Y, sin embargo, a medida que la guerra que siguió a la invasión rusa de Ucrania en febrero de 2022 entra en su quinto año, la actitud del público ruso sigue siendo difícil de evaluar: poco más de la mitad de los rusos, según una encuesta reciente, espera que la guerra termine en 2026; sin embargo, la mayoría dice que si las conversaciones fracasan, Moscú debería “intensificarse” con un mayor uso de la fuerza.

Como observadores de la sociedad rusa, creemos que esta ambigüedad en la opinión pública rusa le da al presidente Vladimir Putin cobertura para seguir presionando con fuerza para lograr sus objetivos en Ucrania. Sin embargo, al mismo tiempo, un análisis más profundo del aparente apoyo del público ruso a la guerra sugiere que es más frágil de lo que al presidente ruso le gustaría creer.

El contrato social de Putin

Desde el primer día del conflicto, la estrategia occidental se basó en la creencia de que las sanciones económicas llevarían eventualmente a que la élite rusa o su sociedad persuadieran a Putin de que abandonara la guerra.

Esto, a su vez, se basa en el supuesto de que la legitimidad del putinismo se basa en una especie de contrato social: el pueblo ruso será leal al Kremlin si disfruta de un nivel de vida estable y se le permite llevar su vida privada sin interferencia estatal.

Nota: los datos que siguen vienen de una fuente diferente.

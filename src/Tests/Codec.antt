-- ===== src/Tests/Codec.antt =====
-- A codec of queue rows that meets the laws of `Storage`, for the tests: every text is preceded by
-- its length, and a row stands in braces.
use mathlib.Core.List.{append-nil}
use mathlib.Core.List.Permᴰ
use nexo_plugin_email.Base.{
  ℕ, zero, suc, Str, Bool, true, false, Option, none, some, List, [], ◌∷◌, ◌++◌, ◌≡◌, refl, ap, ◌∙◌,
  if◌then◌else◌, ◌==◌, length, take, drop, trim_start-keep, trim_end-keep, is_whitespace, trim_end,
}
use nexo_plugin_email.OutboundQueue.{OutboundJob, Storage, is_blank}

take-length : (s r : Str) → take (length s) (s ++ r) ≡ s
take-length [] r = refl
take-length (c ∷ s) r = ap (λ t. c ∷ t) (take-length s r)

drop-length : (s r : Str) → drop (length s) (s ++ r) ≡ r
drop-length [] r = refl
drop-length (c ∷ s) r = drop-length s r

-- Writing before what follows, and reading with a continuation.
put_str : Str → Str → Str
put_str s r = length s ∷ s ++ r

get_str : {A : Type 0} → A → Str → (Str → Str → A) → A
get_str bad [] k = bad
get_str bad (n ∷ r) k = k (take n r) (drop n r)

get_str-put_str :
    {A : Type 0} (bad : A) (s r : Str) (k : Str → Str → A) → get_str bad (put_str s r) k ≡ k s r
unfolding get_str put_str
get_str-put_str bad s r k =
    ap (λ t. k t (drop (length s) (s ++ r))) (take-length s r) ∙ ap (k s) (drop-length s r)

get_nat : {A : Type 0} → A → Str → (ℕ → Str → A) → A
get_nat bad [] k = bad
get_nat bad (n ∷ r) k = k n r

put_strs : List Str → Str → Str
unfolding put_str
put_strs [] r = r
put_strs (s ∷ ss) r = put_str s (put_strs ss r)

get_strs : {A : Type 0} → A → ℕ → Str → (List Str → Str → A) → A
unfolding get_str
get_strs bad zero r k = k [] r
get_strs bad (suc n) r k = get_str bad r (λ s r'. get_strs bad n r' (λ ss r''. k (s ∷ ss) r''))

get_strs-put_strs :
    {A : Type 0} (bad : A) (ss : List Str) (r : Str) (k : List Str → Str → A)
    → get_strs bad (length ss) (put_strs ss r) k ≡ k ss r
unfolding get_strs put_strs
get_strs-put_strs bad [] r k = refl
get_strs-put_strs bad (s ∷ ss) r k =
    get_str-put_str bad s (put_strs ss r)
      (λ t r'. get_strs bad (length ss) r' (λ ts r''. k (t ∷ ts) r''))
    ∙ get_strs-put_strs bad ss r (λ ts r''. k (s ∷ ts) r'')

put_list : List Str → Str → Str
unfolding put_strs
put_list ss r = length ss ∷ put_strs ss r

get_list : {A : Type 0} → A → Str → (List Str → Str → A) → A
unfolding get_nat get_strs
get_list bad r k = get_nat bad r (λ n r'. get_strs bad n r' k)

get_list-put_list :
    {A : Type 0} (bad : A) (ss : List Str) (r : Str) (k : List Str → Str → A)
    → get_list bad (put_list ss r) k ≡ k ss r
unfolding get_list put_list get_nat
get_list-put_list bad ss r k = get_strs-put_strs bad ss r k

of_option : Option Str → List Str
of_option none = []
of_option (some s) = s ∷ []

to_option : List Str → Option Str
to_option [] = none
to_option (s ∷ ss) = some s

to_option-of_option : (o : Option Str) → to_option (of_option o) ≡ o
unfolding to_option of_option
to_option-of_option none = refl
to_option-of_option (some s) = refl

of_bool : Bool → ℕ
of_bool true = 1
of_bool false = 0

encode : OutboundJob → Str
unfolding put_str put_list of_option of_bool
encode j = put_str j.message_id (
    put_str j.instance_id (
      put_str j.envelope.from (
        put_list j.envelope.to (
          put_list j.envelope.cc (
            put_list j.envelope.bcc (
              put_str j.raw_mime (
                put_list (of_option j.last_error)
                  (j.attempts ∷ j.next_attempt_at ∷ j.created_at ∷ of_bool j.done ∷ []))))))))

decode : Str → Option OutboundJob
unfolding get_str get_list get_nat to_option
decode s = get_str none s (λ message_id r0. get_str none r0 (λ instance_id r1.
    get_str none r1 (λ from r2. get_list none r2 (λ to r3. get_list none r3 (λ cc r4.
      get_list none r4 (λ bcc r5. get_str none r5 (λ raw_mime r6. get_list none r6 (λ last_error r7.
        get_nat none r7 (λ attempts r8. get_nat none r8 (λ next_attempt_at r9.
          get_nat none r9 (λ created_at r10. get_nat none r10 (λ done r11. some (record {
            message_id = message_id;
            instance_id = instance_id;
            envelope = record { from = from; to = to; cc = cc; bcc = bcc };
            raw_mime = raw_mime;
            attempts = attempts;
            next_attempt_at = next_attempt_at;
            last_error = to_option last_error;
            created_at = created_at;
            done = (done == 1);
          })))))))))))))

of_bool_lem : (b : Bool) → (of_bool b == 1) ≡ b
unfolding of_bool
of_bool_lem true = refl
of_bool_lem false = refl

decode-encode : (j : OutboundJob) → decode (encode j) ≡ some j
unfolding decode encode get_nat
decode-encode j = simp (get_str-put_str, get_list-put_list, to_option-of_option, of_bool_lem) refl

pub to_string : OutboundJob → Str
unfolding put_str encode
to_string j = b'{' ∷ put_str (encode j) [] ++ b'}' ∷ []

pub from_str : Str → Option OutboundJob
unfolding get_str decode
from_str [] = none
from_str (c ∷ r) = if c == b'{' then get_str none r (λ body _. decode body) else none

pub from_str-to_string : (j : OutboundJob) → from_str (to_string j) ≡ some j
unfolding from_str to_string put_str
from_str-to_string j =
    ap (λ b. get_str none (length (encode j) ∷ b ++ b'}' ∷ []) (λ body _. decode body))
      (append-nil (encode j))
    ∙ get_str-put_str none (encode j) (b'}' ∷ []) (λ body _. decode body)
    ∙ decode-encode j

pub is_blank-to_string : (j : OutboundJob) → is_blank (to_string j) ≡ false
unfolding is_blank to_string is_whitespace
is_blank-to_string j =
    ap (λ t. elim t [ [] ↦ true | _ ∷ _ ↦ false ])
      (ap (trim_end is_whitespace)
          (trim_start-keep is_whitespace b'{' (put_str (encode j) [] ++ b'}' ∷ []) refl)
        ∙ trim_end-keep is_whitespace (b'{' ∷ put_str (encode j) []) b'}' refl)

abbrev pub storage : Storage
storage = record {
  to_string = to_string;
  from_str = from_str;
  from_str-to_string = from_str-to_string;
  is_blank-to_string = is_blank-to_string;
  order = λ js. js;
  order-perm = λ js. Permᴰ.refl js;
}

La economía rusa ha estado en una situación desesperada desde 2014, por lo que muchos analistas creían que este contrato social estaba bajo presión incluso antes de la invasión a gran escala de Ucrania. Sin embargo, después de cuatro años de guerra, la combinación de la exclusión de los mercados europeos y la triplicación del gasto militar provocaron un estancamiento económico y una presión cada vez mayor sobre los niveles de vida.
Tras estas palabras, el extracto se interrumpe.